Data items

================================

-- ===== src/Session.antt =====
-- harness/session_state.py and harness/ledger.py: the state of a session's runs, the transitions that
-- write it and the ledger of each run, and the gate before a step.
pub mod Names
pub mod Records
pub mod Runs
pub mod Lifecycle
pub mod Steps
pub mod Pending
pub mod Runtime
pub mod Transition
pub mod Replay
pub mod Again
pub mod Effects
pub mod Quiet
pub mod QuietCalls
pub mod Blocks
pub mod History
pub mod Clean
pub mod Reach
pub mod Bounds
pub mod Prose
pub mod Gate
pub mod Gates
pub mod Claims
mod Samples
mod GateSamples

================================

▸ THE PROBLEM: The expected output is the lines from the one with "pub mod Transition" through the end of the data, exactly as written and nothing more.

▸ ANSWER TO THIS EXERCISE:
pub mod Transition
pub mod Replay
pub mod Again
pub mod Effects
pub mod Quiet
pub mod QuietCalls
pub mod Blocks
pub mod History
pub mod Clean
pub mod Reach
pub mod Bounds
pub mod Prose
pub mod Gate
pub mod Gates
pub mod Claims
mod Samples
mod GateSamples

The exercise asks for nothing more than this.